Ask is a Swedish word for box, although I think it can also mean ash. In any case it’s a useful word to have when searching the online image collection of artefacts in Swedish museums

This collection has been a huge source of inspiration for me as it is full of items that were turned on the pole lathe. I was lucky enough in May this year to be able to view some of these items in the museum stores in Boras, Sweden, along with visiting a private collection and meeting the world expert on these types of boxes (from an antiques perspective) Svenning Svenningson. I am hugely grateful to Svenning, and Torbjorn Lindstrom and all his colleagues who all facilitated my visit. Here are a few examples of locking lid boxes, a fraction of what was there:

Unfortunately I was not able to get straight to work turning new things despite being full of inspiration.
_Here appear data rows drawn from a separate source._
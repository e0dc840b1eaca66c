-- ===== src/Application/Canonical.antt =====
-- src/omp/application/services.py: what the fingerprints of commands are computed from.
use umcp.Prelude.{ℕ, String, Bool, Option, none, some, List}
use umcp.Score.{ℤ}
use umcp.Domain.Enums.{
  type_value, state_value, source_type_value, consent_mode_value, consent_reason_value,
}
use umcp.Domain.Values.{Uuid, Datetime, Provenance, CaptureConsent}
use umcp.Application.Models.{
  WriteMemoryCommand, UpdateMemoryCommand, ForgetMemoryCommand, CaptureMemoryCommand,
  ConfirmCandidateCommand, PinMemoryCommand, DiscardCandidateCommand,
}

-- A JSON value. `uuid` and `time` are the texts that `str` and `isoformat` give.
mutual
  pub data Json : Type 0 where
    null : Json
    text : String → Json
    integer : ℕ → Json
    float : ℤ → Json
    boolean : Bool → Json
    uuid : Uuid → Json
    time : Datetime → Json
    texts : List String → Json
    object : Fields → Json

  pub data Fields : Type 0 where
    end : Fields
    field : String → Json → Fields → Fields

abbrev pub optional {ℓ} : {A : Type ℓ} → (A → Json) → Option A → Json
optional f none = null
optional f (some a) = f a

unfoldable pub canonical_provenance : Provenance → Json
canonical_provenance p = object (
    field "source_type" (text (source_type_value p.source_type)) (
      field "source_id" (optional text p.source_id) (
        field "source_model" (optional text p.source_model) (
          field "source_client" (optional text p.source_client) (
            field "source_connection_id" (optional text p.source_connection_id) (
              field "conversation_id" (optional text p.conversation_id) (
                field "message_id" (optional text p.message_id) (
                  field "captured_at" (time p.captured_at)
                    (field "evidence" (texts p.evidence) end)))))))))

unfoldable pub canonical_consent : CaptureConsent → Json
canonical_consent c = object (
    field "mode" (text (consent_mode_value c.mode)) (
      field "consent_id" (text c.consent_id) (
        field "reason_code" (text (consent_reason_value c.reason_code)) (
          field "policy_version" (text c.policy_version)
            (field "granted_at" (time c.granted_at) end)))))

unfoldable pub canonical_write_command : WriteMemoryCommand → Json
canonical_write_command c = object (
    field "content" (text c.content) (
      field "type" (text (type_value c.memory_type)) (
        field "importance" (float c.importance) (
          field "confidence" (float c.confidence) (
            field "space" (optional text c.space) (
              field "occurred_at" (optional time c.occurred_at)
                (field "provenance" (canonical_provenance c.provenance) end)))))))

unfoldable pub canonical_capture_command : CaptureMemoryCommand → Json
canonical_capture_command c = object (
    field "tenant_id" (text c.tenant_id) (
      field "connection_id" (text c.connection_id) (
        field "content" (text c.content) (
          field "type" (text (type_value c.memory_type)) (
            field "space" (optional text c.space) (
              field "importance" (float c.importance) (
                field "confidence" (float c.confidence) (
                  field "provenance" (canonical_provenance c.provenance)
                    (field "consent" (canonical_consent c.consent) end)))))))))

unfoldable pub canonical_confirm_command : ConfirmCandidateCommand → Json
canonical_confirm_command c = object (
    field "memory_id" (uuid c.memory_id) (
      field "expected_version" (integer c.expected_version) (
        field "content" (optional text c.content) (
          field "type" (optional (λ t. text (type_value t)) c.memory_type)
            (field "space" (optional text c.space) (field "reason" (text c.actor_reason) end))))))

unfoldable pub canonical_pin_command : PinMemoryCommand → Json
canonical_pin_command c = object (
    field "memory_id" (uuid c.memory_id) (
      field "expected_version" (integer c.expected_version)
        (field "pinned" (boolean c.pinned) end)))

unfoldable pub canonical_discard_command : DiscardCandidateCommand → Json
canonical_discard_command c = object (
    field "memory_id" (uuid c.memory_id) (
      field "expected_version" (integer c.expected_version)
        (field "reason" (text c.reason_code) end)))

unfoldable pub canonical_update_command : UpdateMemoryCommand → Json
canonical_update_command c = object (
    field "owner_id" (text c.owner_id) (
      field "memory_id" (uuid c.memory_id) (
        field "expected_version" (integer c.expected_version) (
          field "content" (optional text c.content) (
            field "memory_type" (optional (λ t. text (type_value t)) c.memory_type) (
              field "importance" (optional float c.importance) (
                field "confidence" (optional float c.confidence) (
                  field "state" (optional (λ s. text (state_value s)) c.state) (
                    field "occurred_at" (optional time c.occurred_at) (
                      field "space" (optional text c.space) (
                        field "provenance" (optional canonical_provenance c.provenance) (
                          field "supersedes_memory_id" (optional uuid c.supersedes_memory_id) (
                            field "contradicts_memory_id" (optional uuid c.contradicts_memory_id)
                              (field "change_reason" (text c.change_reason) end))))))))))))))

unfoldable pub canonical_forget_command : ForgetMemoryCommand → Json
canonical_forget_command c =
    object (field "owner_id" (text c.owner_id) (field "memory_id" (uuid c.memory_id) end))
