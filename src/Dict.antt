-- ===== src/Dict.antt =====
-- Python's `dict`, in insertion order: an association list whose keys an `Eq` instance compares.
pub mod Laws
pub mod Entries
use umcp.Prelude.{Eq, ◌==◌, Bool, Option, none, some, List, [], ◌∷◌, if◌then◌else◌, map, not}

abbrev pub Dict {ℓ κ} : Type ℓ → Type κ → Type (ℓ ⊔ κ)
Dict K V = List (K × V)

module _ {ℓ κ} {K : Type ℓ} {V : Type κ} where
  -- `d.values()`
  abbrev pub values : Dict K V → List V
  values [] = []
  values ((k, v) ∷ d) = v ∷ values d

  -- `next(v for v in d.values() if p(v))`
  unfoldable pub find : (V → Bool) → Dict K V → Option V
  find p [] = none
  find p ((k, v) ∷ d) = if p v then some v else find p d

  -- `{k: v for k, v in d.items() if p(v)}`
  unfoldable pub select : (V → Bool) → Dict K V → Dict K V
  select p [] = []
  select p ((k, v) ∷ d) = let rest = select p d in if p v then (k, v) ∷ rest else rest

module _ {ℓ κ} {K : Type ℓ} {V : Type κ} ⦃e : Eq K⦄ where
  -- `d.get(k)`
  unfoldable pub lookup : K → Dict K V → Option V
  lookup k [] = none
  lookup k ((j, v) ∷ d) = if j == k then some v else lookup k d

  -- `d[k] = v`
  unfoldable pub insert : K → V → Dict K V → Dict K V
  insert k v [] = (k, v) ∷ []
  insert k v ((j, w) ∷ d) = if j == k then (j, v) ∷ d else (j, w) ∷ insert k v d

  -- `del d[k]`, `d.pop(k, None)`: the keys of a dict are distinct, so at most one entry goes.
  unfoldable pub erase : K → Dict K V → Dict K V
  erase k [] = []
  erase k ((j, v) ∷ d) = let rest = erase k d in if j == k then rest else (j, v) ∷ rest
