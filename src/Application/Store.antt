-- ===== src/Application/Store.antt =====
-- src/omp/application/fakes.py: the state of the in-memory adapter. Values are immutable in the
-- model, so `deepcopy` is the identity. The two locks make transactions and repository calls run one
-- after the other, and so have no state here.
use umcp.Prelude.{ℕ, String, nat_eq, string_eq, pair_eq, Option, List, []}
use umcp.Dict.{Dict}
use umcp.Domain.Values.{Uuid, Relation}
use umcp.Domain.Enums.{relation_type_index}
use umcp.Domain.Memory.{Memory, MemoryVersion}
use umcp.Application.Models.{Vector}

pub data OperationStatus : Type 0 where
  in_progress completed : OperationStatus

pub record StoredOperation : Type 0 where
  pub fingerprint : String
  pub status : OperationStatus
  pub memory_id : Option Uuid
  pub result_version : Option ℕ
  pub result_status : Option String

-- (owner, idempotency key)
abbrev pub WriteKey : Type 0
WriteKey = String × String

-- (owner, (operation, idempotency key)); operations are keyed by their position
abbrev pub OperationKey : Type 0
OperationKey = String × (ℕ × String)

-- (owner, (source, (target, relation type)))
abbrev pub RelationKey : Type 0
RelationKey = String × (Uuid × (Uuid × ℕ))

-- (owner, (tenant, memory))
abbrev pub Tombstone : Type 0
Tombstone = String × (Option String × Uuid)

pub record InMemoryStore : Type 0 where
  pub memories : Dict Uuid Memory
  pub vectors : Dict Uuid Vector
  pub fingerprints : Dict WriteKey String
  pub history_by_memory : Dict Uuid (List MemoryVersion)
  pub relations : Dict RelationKey Relation
  pub idempotency_operations : Dict OperationKey StoredOperation
  pub tombstones : List Tombstone

abbrev pub empty_store : InMemoryStore
empty_store = record {
  memories = [];
  vectors = [];
  fingerprints = [];
  history_by_memory = [];
  relations = [];
  idempotency_operations = [];
  tombstones = [];
}

abbrev pub relation_key : Relation → RelationKey
relation_key r = (r.owner_id, (r.source_id, (r.target_id, relation_type_index r.relation_type)))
I was distracted by other projects and had limited time. Recently though I have had the chance to do a little bit and here is one 3 level box in process.

The bottom section completed:



Assessing the blanks for the next levels:


Turning the second level and checking the fit:


Turning some of the fine detail on the second level produced some very fine shavings. Oak is not the most forgiving wood to turn detail in and you will see on this one I lost a lot of height compared to the original blank after a mistake on the little ledge had to be rectified. Just about saved the whole thing.


Last but not least the top section, very small and a nightmare to turn such a small container on a pole lathe.


Thankfully they all came together into quite a nice form and are a good fit. Based on other boxes I have made, you had to leave the lids slightly loose to accommodate for the small change in shape that happens as the green wood dries. However as the openings are made parallel to the radial plane of the wood, the movement is minimal. If it’s just right they lock together very snugly.